**Exercise directions**
Wherever a line below holds the word "decimal", copy that line.

**Source data**

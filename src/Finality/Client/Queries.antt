-- ===== src/Finality/Client/Queries.antt =====
-- src/finality/mod.rs: the plain queries of `BaseFinalityVerificationClient`.
use frost_substrate.Prelude.{
  ℕ, min, Bool, true, false, Bytes, length, ◌==◌, if◌then◌else◌, Result, ok, err, map_err, ◌>>=◌,
}
use frost_substrate.External.Chain.{Hash, Chain}
use frost_substrate.External.Frost.{Frost, BlockRef, Block, FinalityVerificationError}
use frost_substrate.External.Grandpa.{Grandpa}
use frost_substrate.Finality.Client.Justification.{u64_max}
use frost_substrate.Finality.Client.Status.{require_header}
use frost_substrate.Finality.Config.{ChainConfig, get_chain_id}
use frost_substrate.Finality.Errors.{
  GrandpaFinalityVerificationError, invalid_input, to_verification_error,
}

-- `saturated_into::<u64>()` of a block number.
abbrev pub block_number_to_u64 : ℕ → ℕ
block_number_to_u64 n = min n u64_max

-- `saturated_from` a u64 into the block number type.
abbrev pub u64_to_block_number : {V : Type 0} → Grandpa V → ℕ → ℕ
u64_to_block_number g n = min n g.max_number

-- `as_ref().try_into::<[u8; 32]>()`.
abbrev pub to_hash_array : {E : Type 0} → E → Hash → Result E Hash
to_hash_array e hash = if length hash == 32 then ok hash else err e

pub record SubstrateBlockRef (C : Type 0) : Type 0 where
  pub inner : BlockRef C
  pub timestamp : ℕ

-- `From<SubstrateBlockRef> for FrostBlockRef`.
abbrev pub into_block_ref : {C : Type 0} → SubstrateBlockRef C → BlockRef C
into_block_ref block = block.inner

-- `AsRef<FrostBlockRef>`.
abbrev as_block_ref : {C : Type 0} → SubstrateBlockRef C → BlockRef C
as_block_ref block = block.inner

module _ {C : Type 0} (frost : Frost C) (chain : Chain) where
  -- The block that both `get_chain_head` methods make.
  unfoldable pub head_block : ChainConfig → Result GrandpaFinalityVerificationError (BlockRef C)
  unfolding get_chain_id
  head_block chain_config = do
    hash_array ← to_hash_array (invalid_input "Invalid hash length") chain.info.best_hash
    ok (record {
      hash = hash_array;
      number = block_number_to_u64 chain.info.best_number;
      chain_id = frost.chain_id_new (get_chain_id chain_config);
    })

  -- `now` is the wall clock in seconds.
  unfoldable pub get_chain_head_internal :
      ChainConfig → ℕ → Result GrandpaFinalityVerificationError (SubstrateBlockRef C)
  unfolding head_block
  get_chain_head_internal chain_config now = do
    head ← head_block chain_config
    ok (record { inner = head; timestamp = now })

  unfoldable pub get_chain_head : ChainConfig → Result FinalityVerificationError (BlockRef C)
  unfolding head_block
  get_chain_head chain_config = map_err to_verification_error (head_block chain_config)

  unfoldable pub get_block : BlockRef C → Result FinalityVerificationError Block
  unfolding require_header
  get_block block_ref = do
    header ← map_err to_verification_error (require_header frost chain block_ref.hash)
    ok (record { hash = block_ref.hash; number = block_ref.number })

  -- The state root is read and not used: any proof that is not empty passes.
  unfoldable pub verify_merkle_proof : Hash → Bytes → Result GrandpaFinalityVerificationError Bool
  unfolding require_header
  verify_merkle_proof block_hash proof = do
    header ← require_header frost chain block_hash
    ok (if length proof == 0 then false else true)

unfoldable pub get_latest_finalized_block : Chain → Result FinalityVerificationError ℕ
get_latest_finalized_block chain = ok (block_number_to_u64 chain.info.finalized_number)

module _ {C V : Type 0} (g : Grandpa V) (frost : Frost C) (chain : Chain) where
  unfoldable pub verify_block_hash : BlockRef C → Result FinalityVerificationError Bool
  unfolding require_header
  verify_block_hash block_ref = do
    header ← map_err to_verification_error (require_header frost chain block_ref.hash)
    ok (header.number == u64_to_block_number g block_ref.number)

  -- The two reads of the chain may be made of two states of it.
  unfoldable pub verify_block_inclusion :
      (later : Chain) → BlockRef C → Bytes → Result FinalityVerificationError Bool
  unfolding verify_block_hash verify_merkle_proof
  verify_block_inclusion later block_ref proof = do
    is_there ← verify_block_hash block_ref
    if is_there
        then map_err to_verification_error (verify_merkle_proof frost later block_ref.hash proof)
        else ok false
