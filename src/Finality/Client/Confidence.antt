-- ===== src/Finality/Client/Confidence.antt =====
-- src/finality/mod.rs: `get_finality_confidence` and `verify_chain_rules`.
use frost_substrate.Prelude.{
  ◌-◌, Bool, true, false, ◌&&◌, ltb, if◌then◌else◌, Result, ok, map_err, ◌>>=◌,
}
use frost_substrate.External.Chain.{Hash, Chain}
use frost_substrate.External.Float.{Float}
use frost_substrate.External.Frost.{Frost, BlockRef, ChainRules, FinalityVerificationError}
use frost_substrate.External.Grandpa.{Grandpa}
use frost_substrate.Finality.Client.{SubstrateVerificationClient, FinalityStatus}
use frost_substrate.Finality.Client.Queries.{block_number_to_u64, u64_to_block_number}
use frost_substrate.Finality.Client.Status.{get_finality_status}
use frost_substrate.Finality.Config.{GrandpaVerificationParams}
use frost_substrate.Finality.Errors.{consensus_error, to_string, to_verification_error}

module _ {F : Type 0} ⦃fl : Float F⦄ (params : GrandpaVerificationParams F) where
  unfoldable pub confirmation_confidence : FinalityStatus F → F
  confirmation_confidence status =
      fl.min
        (if ltb 0 params.min_confirmations
          then fl.div (fl.of_u64 (block_number_to_u64 status.confirmations))
              (fl.of_u64 params.min_confirmations)
          else fl.decimal 0 0)
        (fl.decimal 1 0)

  unfoldable pub participation_confidence : FinalityStatus F → F
  participation_confidence status =
      if status.has_justification
      then fl.min (fl.div status.participation_rate params.min_participation) (fl.decimal 1 0)
      else fl.decimal 0 0

  -- 40% confirmations, 40% participation, 20% base.
  unfoldable pub weighted_confidence : FinalityStatus F → F
  unfolding confirmation_confidence participation_confidence
  weighted_confidence status =
      fl.add
        (fl.add (fl.mul (confirmation_confidence status) (fl.decimal 4 1))
          (fl.mul (participation_confidence status) (fl.decimal 4 1)))
        (fl.decimal 2 1)

  unfoldable pub confidence_of : FinalityStatus F → F
  unfolding weighted_confidence
  confidence_of status =
      if status.is_finalized
      then fl.decimal 1 0
      else let confidence = weighted_confidence status in
        if status.is_finalized then confidence else fl.min confidence (fl.decimal 95 2)

module _ {V F : Type 0} ⦃fl : Float F⦄ (g : Grandpa V) (chain : Chain) where
  -- The three early returns of `verify_chain_rules`, in their order.
  unfoldable pub rules_hold : ChainRules F → FinalityStatus F → Bool
  rules_hold rules status =
      let fork_depth = chain.info.best_number - status.block_number in
      if ltb status.confirmations (u64_to_block_number g rules.min_confirmations)
      then false
      else if ltb (u64_to_block_number g rules.max_fork_depth) fork_depth
      then false
      else if status.has_justification && fl.lt status.participation_rate rules.min_participation
      then false
      else true

module _ {C V F : Type 0} ⦃fl : Float F⦄ (g : Grandpa V) (frost : Frost C) (chain : Chain) where
  abbrev status_or_error :
      SubstrateVerificationClient V F → Hash → Result FinalityVerificationError (FinalityStatus F)
  status_or_error client block_hash =
      map_err (λ e. to_verification_error (consensus_error (to_string e)))
        (get_finality_status g frost chain client block_hash)

  unfoldable pub get_finality_confidence :
      SubstrateVerificationClient V F → BlockRef C → Result FinalityVerificationError F
  unfolding confidence_of
  get_finality_confidence client block_ref = do
    status ← status_or_error client block_ref.hash
    ok (confidence_of client.params status)

  unfoldable pub verify_chain_rules :
      SubstrateVerificationClient V F
      → BlockRef C
      → ChainRules F
      → Result FinalityVerificationError Bool
  unfolding rules_hold
  verify_chain_rules client block_ref rules = do
    status ← status_or_error client block_ref.hash
    ok (rules_hold g chain rules status)
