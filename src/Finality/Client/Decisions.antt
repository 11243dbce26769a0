-- ===== src/Finality/Client/Decisions.antt =====
-- When the queries of `SubstrateVerificationClient` answer yes, in terms of the chain.
use frost_substrate.Prelude.{
  inr, inl, Bool-cases, ◌<◌, true, ◌≤◌, false, ◌-◌, ◌≡◌, ◌↔◌, Option, some, List, Bytes, leb, arith,
  ok, map_err, >>=-eq-ok, map_err-eq-ok,
}
use frost_substrate.External.Chain.{Hash, Header, Chain}
use frost_substrate.External.Float.{Float}
use frost_substrate.External.Frost.{ChainRules, BlockRef, Frost}
use frost_substrate.External.Grandpa.{Grandpa}
use frost_substrate.Finality.Client.{length, SubstrateVerificationClient, FinalityStatus}
use frost_substrate.Finality.Client.Queries.{
  u64_to_block_number, verify_block_hash, verify_block_inclusion,
}
use frost_substrate.Finality.Client.Confidence.{
  confidence_of, get_finality_confidence, rules_hold, verify_chain_rules,
}
use frost_substrate.Finality.Client.Status.{
  is_some, grandpa_justification, require_header, justified_rate, get_finality_status,
}

-- The chain has a block of this hash, with this header.
abbrev pub HasHeader : Chain → Hash → Header → Type 0
HasHeader chain hash header = chain.header hash ≡ ok (some header)

module _ {C : Type 0} (frost : Frost C) (chain : Chain) (hash : Hash) (header : Header) where
  pub require_header_iff :
      (require_header frost chain hash ≡ ok header) ↔ HasHeader chain hash header
  unfolding require_header
  require_header_iff = ground arith

module _ {V F : Type 0} ⦃fl : Float F⦄ (g : Grandpa V) (chain : Chain) where
  -- `s` says of the block what the chain says of it.
  pub record IsStatus (client : SubstrateVerificationClient V F) (hash : Hash)
      (s : FinalityStatus F) : Type 0 where
    pub header : Header
    pub found : HasHeader chain hash header
    pub justifications : Option (List (Bytes × Bytes))
    pub justified : chain.justifications hash ≡ ok justifications
    pub status_eq : s ≡ record {
      block_number = header.number;
      confirmations = chain.info.finalized_number - header.number;
      has_justification = is_some (grandpa_justification g justifications);
      is_finalized = leb header.number chain.info.finalized_number;
      participation_rate = justified_rate g client (grandpa_justification g justifications);
    }

module _ {C V F : Type 0} ⦃fl : Float F⦄ (g : Grandpa V) (frost : Frost C) (chain : Chain) where
  -- A status is returned exactly when the chain has the block and answers for its justifications, and
  -- it is then what the chain says of the block.
  pub get_finality_status_iff :
      (client : SubstrateVerificationClient V F) (hash : Hash) (s : FinalityStatus F)
      → (get_finality_status g frost chain client hash ≡ ok s) ↔ IsStatus g chain client hash s
  unfolding get_finality_status
  get_finality_status_iff client hash s = (
    λ e.
        let (header, found, e') = >>=-eq-ok (require_header frost chain hash) _ e in
        let (js, justified, e'') = >>=-eq-ok (map_err _ (chain.justifications hash)) _ e' in
        record {
          header = header;
          found = (require_header_iff frost chain hash header).0 found;
          justifications = js;
          justified = map_err-eq-ok _ _ justified;
          status_eq = cc;
        },
    λ i.
        rw ((require_header_iff frost chain hash i.header).1 i.found, i.justified)
          (cc (i.status_eq)),
  )

  pub get_finality_confidence_iff :
      (client : SubstrateVerificationClient V F) (block_ref : BlockRef C) (c : F)
      → (get_finality_confidence g frost chain client block_ref ≡ ok c) ↔ (
          (s : FinalityStatus F) × IsStatus g chain client block_ref.hash s
          × (c ≡ confidence_of client.params s))
  unfolding get_finality_confidence
  get_finality_confidence_iff client block_ref c = (
    λ e.
        let (s, found, e') =
          >>=-eq-ok (map_err _ (get_finality_status g frost chain client block_ref.hash)) _ e in
        (s, (get_finality_status_iff client block_ref.hash s).0 (map_err-eq-ok _ _ found), cc),
    λ i. rw ((get_finality_status_iff client block_ref.hash i.0).1 i.1) (cc (i.2)),
  )

module _ {C V : Type 0} (g : Grandpa V) (frost : Frost C) (chain : Chain) where
  pub verify_block_hash_iff :
      (block_ref : BlockRef C)
      → (verify_block_hash g frost chain block_ref ≡ ok true) ↔ (
          (header : Header) × HasHeader chain block_ref.hash header
          × (header.number ≡ u64_to_block_number g block_ref.number))
  unfolding verify_block_hash
  verify_block_hash_iff block_ref = (
    λ e.
        let (header, found, e') =
          >>=-eq-ok (map_err _ (require_header frost chain block_ref.hash)) _ e in
        (
          header,
          (require_header_iff frost chain block_ref.hash header).0 (map_err-eq-ok _ _ found),
          ground arith,
        ),
    λ i. rw ((require_header_iff frost chain block_ref.hash i.0).1 i.1) (ground arith),
  )

  -- A block is included exactly when the first state of the chain has it under its number (or under
  -- the greatest block number, if its number is beyond that), the second state has it too, and the
  -- proof is not empty. No byte of the proof matters.
  pub verify_block_inclusion_iff :
      (later : Chain) (block_ref : BlockRef C) (proof : Bytes)
      → (verify_block_inclusion g frost chain later block_ref proof ≡ ok true) ↔ (
          (a b : Header) × HasHeader chain block_ref.hash a
          × (a.number ≡ u64_to_block_number g block_ref.number)
          × HasHeader later block_ref.hash b
          × (0 < length proof))
  unfolding verify_block_inclusion
  verify_block_inclusion_iff later block_ref proof = (
    λ e.
        let (there, checked, e') = >>=-eq-ok (verify_block_hash g frost chain block_ref) _ e in
        elim (Bool-cases there) [
          | inl yes_there ↦
              let (a, found, number) =
                (verify_block_hash_iff block_ref).0 (rw yes_there at checked) in
              let e'' = map_err-eq-ok _ _ (rw yes_there at e') in
              let (b, found', e3) = >>=-eq-ok (require_header frost later block_ref.hash) _ e'' in
              (
                a,
                b,
                found,
                number,
                (require_header_iff frost later block_ref.hash b).0 found',
                ground arith,
              )
          | inr not_there ↦ absurd (cc (rw not_there at e'))
        ],
    λ i.
        let (a, b, found, number, found', some_bytes) = i in
        rw
          (
            (verify_block_hash_iff block_ref).1 (a, found, number),
            (require_header_iff frost later block_ref.hash b).1 found',
          )
          (ground arith),
  )

module _ {V F : Type 0} ⦃fl : Float F⦄ (g : Grandpa V) (chain : Chain) where
  -- The rules, as their names say them.
  pub record FollowsRules (rules : ChainRules F) (s : FinalityStatus F) : Type 0 where
    pub confirmed : u64_to_block_number g rules.min_confirmations ≤ s.confirmations
    pub shallow :
        chain.info.best_number - s.block_number ≤ u64_to_block_number g rules.max_fork_depth
    pub participated :
        s.has_justification ≡ true → fl.lt s.participation_rate rules.min_participation ≡ false

  pub rules_hold_iff :
      (rules : ChainRules F) (s : FinalityStatus F)
      → (rules_hold g chain rules s ≡ true) ↔ FollowsRules rules s
  unfolding rules_hold
  rules_hold_iff rules s = ground arith

module _ {C V F : Type 0} ⦃fl : Float F⦄ (g : Grandpa V) (frost : Frost C) (chain : Chain) where
  -- The chain rules pass exactly when the status of the block can be read and follows each rule.
  pub verify_chain_rules_iff :
      (client : SubstrateVerificationClient V F) (block_ref : BlockRef C) (rules : ChainRules F)
      → (verify_chain_rules g frost chain client block_ref rules ≡ ok true) ↔ (
          (s : FinalityStatus F) × IsStatus g chain client block_ref.hash s
          × FollowsRules g chain rules s)
  unfolding verify_chain_rules
  verify_chain_rules_iff client block_ref rules = (
    λ e.
        let (s, found, e') =
          >>=-eq-ok (map_err _ (get_finality_status g frost chain client block_ref.hash)) _ e in
        (
          s,
          (get_finality_status_iff g frost chain client block_ref.hash s).0
              (map_err-eq-ok _ _ found),
          (rules_hold_iff g chain rules s).0 (cc),
        ),
    λ i. rw (
      (get_finality_status_iff g frost chain client block_ref.hash i.0).1 i.1,
      (rules_hold_iff g chain rules i.0).1 i.2,
    ),
  )

-- A block that is not finalized has no confirmations: they are counted from the finalized block.
pub confirmations_pending :
    {V F : Type 0} ⦃fl : Float F⦄ (g : Grandpa V) (chain : Chain)
    {client : SubstrateVerificationClient V F} {hash : Hash} {s : FinalityStatus F}
    → IsStatus g chain client hash s
    → s.is_finalized ≡ false
    → s.confirmations ≡ 0
confirmations_pending g chain {s = s} i e =
    let later : leb i.header.number chain.info.finalized_number ≡ false = cc (i.status_eq) in
    ground (arith, i.status_eq)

**Reply to the exercise**
          else fl.decimal 0 0)
        (fl.decimal 1 0)
      then fl.min (fl.div status.participation_rate params.min_participation) (fl.decimal 1 0)
      else fl.decimal 0 0
        (fl.add (fl.mul (confirmation_confidence status) (fl.decimal 4 1))
          (fl.mul (participation_confidence status) (fl.decimal 4 1)))
        (fl.decimal 2 1)
      then fl.decimal 1 0
        if status.is_finalized then confidence else fl.min confidence (fl.decimal 95 2)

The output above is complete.